> _Work task_
Of the entries below, return only those lines from the line with "-- parent of" to the line with "(turns : List Turn) (p2p_workers : ℕ)", exactly, both included.

> _Task input_
-- ===== src/Node/Turns.antt =====
-- The turns of the node's threads, in any order (main.rs and the parts that it starts).
use ce334_bitcoin_client.Prelude.{
  ◌≤◌, Returns-done, ℕ, ◌≡◌, refl, Bool, true, Option, List, [], ◌∷◌, arith, done, Returns,
}
use ce334_bitcoin_client.Platform.{Platform}
use ce334_bitcoin_client.Blockchain.Reach.{Reach}
use ce334_bitcoin_client.Network.Message.{Message}
use ce334_bitcoin_client.Network.Slab.{Slabs, IsSlabs}
use ce334_bitcoin_client.Network.Server.{Peer, PollCall}
use ce334_bitcoin_client.Network.Server.Running.{new_server-IsServing}
use ce334_bitcoin_client.Crypto.Hash.{h256_key}
use ce334_bitcoin_client.Node.{Node, Turn, start_node, take_turn, take_turns}
use ce334_bitcoin_client.Node.Sound.{IsSafe, IsAllowed}
use ce334_bitcoin_client.Node.Step.{take_turn-IsSafe}

module _ (p : Platform) (S : Slabs Peer) (laws : IsSlabs S) (serialize : Message → List ℕ)
    (deserialize : List ℕ → Option Message) (poll : PollCall → Bool)
    (granted : (c : PollCall) → poll c ≡ true) where
  abbrev pub Safe : Node S → Type 0
  Safe = IsSafe p S laws serialize deserialize poll

  -- Each turn is allowed where it is taken.
  abbrev pub AreAllowed : List Turn → Node S → Type 0
  AreAllowed [] n = Unit
  AreAllowed (turn ∷ turns) n =
      IsAllowed p S laws serialize deserialize poll turn n
      × ((n' : Node S)
          → take_turn p S serialize deserialize poll turn n ≡ done n'
          → AreAllowed turns n')

  take_turns-kept :
      (turns : List Turn) (n : Node S)
      → Safe n
      → AreAllowed turns n
      → Returns Safe (take_turns p S serialize deserialize poll turns n)
  unfolding take_turns
  take_turns-kept [] n safe allowed = safe
  take_turns-kept (turn ∷ turns) n safe allowed =
      let (n', e, safe') =
        Returns-done Safe (take_turn p S serialize deserialize poll turn n)
          (take_turn-IsSafe p S laws serialize deserialize poll granted turn n safe (allowed.0)) in
      rw (take_turns, e) (take_turns-kept turns n' safe' (allowed.1 n' e))

  start_node-IsSafe : (p2p_workers : ℕ) → 1 ≤ p2p_workers → Safe (start_node p S p2p_workers)
  start_node-IsSafe p2p_workers staffed = record {
    staffed = staffed;
    reached = Reach.start;
    serving = new_server-IsServing S laws serialize poll;
    sender = omega arith;
    working = tt;
    outgoing = (refl, tt);
  }

  -- In any order in which the threads of a node started with at least one worker take turns, none panics and the server's loop
  -- does not end, as long as each turn is allowed where it is taken: the bytes that a worker takes are a
  -- message, requests come while the miner listens, the listener does not fail, no event is of the write
  -- queue of a peer that is not connected, and the poll takes every call. The chain is then a reachable
  -- one, the server's list and table of peers agree, the generator's sender is one of its accounts, the
  -- parent of the block that the miner works on is stored and takes its transactions, and every block
  -- whose hash waits to be announced, found by the miner or sent by a peer, is stored.
  pub take_turns-IsSafe :
      (turns : List Turn) (p2p_workers : ℕ)
      → 1 ≤ p2p_workers
      → AreAllowed turns (start_node p S p2p_workers)
      → Returns Safe (take_turns p S serialize deserialize poll turns (start_node p S p2p_workers))
  take_turns-IsSafe turns p2p_workers staffed allowed =
      take_turns-kept turns (start_node p S p2p_workers) (start_node-IsSafe p2p_workers staffed)
        allowed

> _Answer space_
  -- parent of the block that the miner works on is stored and takes its transactions, and every block
  -- whose hash waits to be announced, found by the miner or sent by a peer, is stored.
  pub take_turns-IsSafe :
      (turns : List Turn) (p2p_workers : ℕ)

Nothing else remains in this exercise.